» **Input data**
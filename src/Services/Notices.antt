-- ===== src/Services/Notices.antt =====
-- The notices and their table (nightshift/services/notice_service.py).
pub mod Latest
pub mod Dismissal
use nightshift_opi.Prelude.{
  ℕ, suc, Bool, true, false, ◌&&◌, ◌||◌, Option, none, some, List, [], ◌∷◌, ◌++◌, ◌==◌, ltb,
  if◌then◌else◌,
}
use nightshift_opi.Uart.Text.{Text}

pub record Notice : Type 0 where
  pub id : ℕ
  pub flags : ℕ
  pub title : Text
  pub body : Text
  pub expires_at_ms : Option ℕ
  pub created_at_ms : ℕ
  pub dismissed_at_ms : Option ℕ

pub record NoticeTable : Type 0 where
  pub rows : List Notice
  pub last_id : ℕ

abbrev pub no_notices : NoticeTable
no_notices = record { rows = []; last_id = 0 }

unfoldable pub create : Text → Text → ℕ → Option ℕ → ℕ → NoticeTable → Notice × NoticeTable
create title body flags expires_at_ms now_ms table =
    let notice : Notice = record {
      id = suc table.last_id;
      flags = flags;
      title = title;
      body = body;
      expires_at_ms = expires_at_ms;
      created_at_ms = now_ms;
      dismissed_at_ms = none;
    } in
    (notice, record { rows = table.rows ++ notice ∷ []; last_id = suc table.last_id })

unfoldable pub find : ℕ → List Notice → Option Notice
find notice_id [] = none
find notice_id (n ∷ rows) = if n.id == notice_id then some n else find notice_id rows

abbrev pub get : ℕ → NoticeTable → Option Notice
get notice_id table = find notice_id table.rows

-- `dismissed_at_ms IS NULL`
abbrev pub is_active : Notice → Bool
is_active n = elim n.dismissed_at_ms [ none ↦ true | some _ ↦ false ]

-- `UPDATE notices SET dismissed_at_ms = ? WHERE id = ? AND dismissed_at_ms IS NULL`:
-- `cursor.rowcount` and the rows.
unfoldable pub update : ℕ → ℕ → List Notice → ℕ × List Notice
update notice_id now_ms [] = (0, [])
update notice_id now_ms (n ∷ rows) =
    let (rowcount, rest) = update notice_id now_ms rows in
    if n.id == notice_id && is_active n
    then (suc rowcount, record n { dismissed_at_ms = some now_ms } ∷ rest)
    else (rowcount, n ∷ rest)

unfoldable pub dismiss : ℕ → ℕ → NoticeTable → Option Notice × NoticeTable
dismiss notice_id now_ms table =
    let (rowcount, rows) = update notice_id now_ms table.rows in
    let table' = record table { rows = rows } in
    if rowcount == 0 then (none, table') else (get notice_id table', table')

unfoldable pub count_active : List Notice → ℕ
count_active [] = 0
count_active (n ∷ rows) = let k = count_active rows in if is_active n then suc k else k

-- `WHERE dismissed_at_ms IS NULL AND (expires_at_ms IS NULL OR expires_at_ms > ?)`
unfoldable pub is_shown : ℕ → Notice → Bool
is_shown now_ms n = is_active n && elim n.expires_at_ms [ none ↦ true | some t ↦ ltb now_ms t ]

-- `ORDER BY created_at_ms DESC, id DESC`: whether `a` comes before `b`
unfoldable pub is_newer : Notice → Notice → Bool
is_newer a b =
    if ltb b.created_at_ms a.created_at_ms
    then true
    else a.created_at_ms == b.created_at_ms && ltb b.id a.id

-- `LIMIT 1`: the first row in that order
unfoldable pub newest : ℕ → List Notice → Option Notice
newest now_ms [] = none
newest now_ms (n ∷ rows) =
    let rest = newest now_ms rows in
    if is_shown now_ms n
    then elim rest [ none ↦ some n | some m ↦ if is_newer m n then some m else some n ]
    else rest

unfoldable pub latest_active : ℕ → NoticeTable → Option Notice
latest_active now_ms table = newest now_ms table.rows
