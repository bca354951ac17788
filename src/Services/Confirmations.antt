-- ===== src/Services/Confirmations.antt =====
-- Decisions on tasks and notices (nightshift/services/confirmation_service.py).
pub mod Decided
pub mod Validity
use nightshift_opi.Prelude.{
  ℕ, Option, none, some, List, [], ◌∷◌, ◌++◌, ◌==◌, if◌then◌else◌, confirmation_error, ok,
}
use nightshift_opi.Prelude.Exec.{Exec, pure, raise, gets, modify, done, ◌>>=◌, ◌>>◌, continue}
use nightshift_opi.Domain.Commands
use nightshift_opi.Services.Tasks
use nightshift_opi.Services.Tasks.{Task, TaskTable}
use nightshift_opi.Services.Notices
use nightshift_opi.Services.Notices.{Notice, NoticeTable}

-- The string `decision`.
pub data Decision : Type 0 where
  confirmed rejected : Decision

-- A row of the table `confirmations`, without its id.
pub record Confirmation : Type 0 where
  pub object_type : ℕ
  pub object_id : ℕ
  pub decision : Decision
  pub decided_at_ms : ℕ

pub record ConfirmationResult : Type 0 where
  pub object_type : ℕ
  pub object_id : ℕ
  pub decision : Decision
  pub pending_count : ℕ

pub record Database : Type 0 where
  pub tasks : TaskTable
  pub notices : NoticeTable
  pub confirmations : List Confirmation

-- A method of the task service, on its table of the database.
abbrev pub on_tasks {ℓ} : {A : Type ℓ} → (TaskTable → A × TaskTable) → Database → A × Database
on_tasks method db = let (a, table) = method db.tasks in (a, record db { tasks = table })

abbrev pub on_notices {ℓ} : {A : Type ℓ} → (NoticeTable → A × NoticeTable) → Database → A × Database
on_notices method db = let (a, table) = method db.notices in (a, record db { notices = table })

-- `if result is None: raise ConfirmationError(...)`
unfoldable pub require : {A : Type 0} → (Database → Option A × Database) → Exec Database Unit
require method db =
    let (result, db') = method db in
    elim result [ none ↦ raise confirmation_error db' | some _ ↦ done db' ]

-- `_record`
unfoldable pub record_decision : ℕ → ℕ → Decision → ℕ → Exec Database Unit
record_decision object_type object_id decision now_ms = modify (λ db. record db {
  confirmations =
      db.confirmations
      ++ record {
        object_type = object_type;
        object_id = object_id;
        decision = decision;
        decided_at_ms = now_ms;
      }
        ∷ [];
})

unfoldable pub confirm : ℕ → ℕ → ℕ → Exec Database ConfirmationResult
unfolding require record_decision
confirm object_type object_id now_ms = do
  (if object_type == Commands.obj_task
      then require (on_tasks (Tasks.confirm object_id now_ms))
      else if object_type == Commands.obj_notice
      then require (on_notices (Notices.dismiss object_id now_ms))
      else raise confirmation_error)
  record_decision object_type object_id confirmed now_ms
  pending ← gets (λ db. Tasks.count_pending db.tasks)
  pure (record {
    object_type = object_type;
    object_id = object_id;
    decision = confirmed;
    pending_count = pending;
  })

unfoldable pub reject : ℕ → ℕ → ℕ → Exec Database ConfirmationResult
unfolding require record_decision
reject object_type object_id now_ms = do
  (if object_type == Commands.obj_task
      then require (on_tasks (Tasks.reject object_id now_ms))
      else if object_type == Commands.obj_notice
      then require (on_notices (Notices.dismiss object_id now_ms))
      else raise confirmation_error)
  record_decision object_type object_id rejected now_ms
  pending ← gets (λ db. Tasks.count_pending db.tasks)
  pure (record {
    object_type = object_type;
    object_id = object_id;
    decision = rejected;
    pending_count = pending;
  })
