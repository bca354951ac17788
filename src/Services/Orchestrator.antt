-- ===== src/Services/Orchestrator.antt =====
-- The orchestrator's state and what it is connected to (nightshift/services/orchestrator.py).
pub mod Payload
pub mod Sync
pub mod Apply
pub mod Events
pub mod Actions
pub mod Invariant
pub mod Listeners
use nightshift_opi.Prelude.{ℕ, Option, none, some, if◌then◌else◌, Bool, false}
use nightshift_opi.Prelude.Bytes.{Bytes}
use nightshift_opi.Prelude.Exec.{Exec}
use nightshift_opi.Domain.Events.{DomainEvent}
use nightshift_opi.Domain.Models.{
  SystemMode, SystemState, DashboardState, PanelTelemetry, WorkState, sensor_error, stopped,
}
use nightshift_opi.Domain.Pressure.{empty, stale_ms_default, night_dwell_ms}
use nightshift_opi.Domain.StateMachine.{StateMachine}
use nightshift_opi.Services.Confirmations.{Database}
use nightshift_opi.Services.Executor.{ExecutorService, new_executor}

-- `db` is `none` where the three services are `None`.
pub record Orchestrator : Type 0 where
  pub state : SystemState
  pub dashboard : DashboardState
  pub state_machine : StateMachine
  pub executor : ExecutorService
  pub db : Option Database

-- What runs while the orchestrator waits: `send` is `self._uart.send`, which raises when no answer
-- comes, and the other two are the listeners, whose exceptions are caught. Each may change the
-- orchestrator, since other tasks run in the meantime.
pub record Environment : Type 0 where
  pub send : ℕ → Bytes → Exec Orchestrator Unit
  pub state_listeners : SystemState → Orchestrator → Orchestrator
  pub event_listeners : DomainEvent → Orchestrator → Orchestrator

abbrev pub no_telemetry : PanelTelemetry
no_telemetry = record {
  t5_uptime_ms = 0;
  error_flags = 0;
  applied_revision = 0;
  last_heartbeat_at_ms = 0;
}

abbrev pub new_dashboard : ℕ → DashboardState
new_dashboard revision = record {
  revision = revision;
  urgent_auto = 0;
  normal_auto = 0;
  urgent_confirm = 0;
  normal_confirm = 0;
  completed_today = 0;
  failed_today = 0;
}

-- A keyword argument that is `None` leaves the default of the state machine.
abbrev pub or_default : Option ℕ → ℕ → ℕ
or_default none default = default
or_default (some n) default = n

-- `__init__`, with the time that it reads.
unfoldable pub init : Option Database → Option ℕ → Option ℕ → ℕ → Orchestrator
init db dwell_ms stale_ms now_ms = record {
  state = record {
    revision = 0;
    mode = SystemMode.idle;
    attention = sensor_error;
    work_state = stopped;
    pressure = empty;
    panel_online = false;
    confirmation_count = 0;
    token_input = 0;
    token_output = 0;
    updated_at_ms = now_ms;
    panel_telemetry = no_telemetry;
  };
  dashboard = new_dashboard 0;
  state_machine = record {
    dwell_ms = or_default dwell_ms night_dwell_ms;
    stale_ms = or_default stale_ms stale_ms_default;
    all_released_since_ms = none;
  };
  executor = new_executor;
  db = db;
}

» **Instructions to follow**
All lines above from the line with "where the three" through the line with "pub event_listeners : DomainEvent", both included, are to be set down exactly, with nothing else.

» **Your solution**
-- `db` is `none` where the three services are `None`.
pub record Orchestrator : Type 0 where
  pub state : SystemState
  pub dashboard : DashboardState
  pub state_machine : StateMachine
  pub executor : ExecutorService
  pub db : Option Database

-- What runs while the orchestrator waits: `send` is `self._uart.send`, which raises when no answer
-- comes, and the other two are the listeners, whose exceptions are caught. Each may change the
-- orchestrator, since other tasks run in the meantime.
pub record Environment : Type 0 where
  pub send : ℕ → Bytes → Exec Orchestrator Unit
  pub state_listeners : SystemState → Orchestrator → Orchestrator
  pub event_listeners : DomainEvent → Orchestrator → Orchestrator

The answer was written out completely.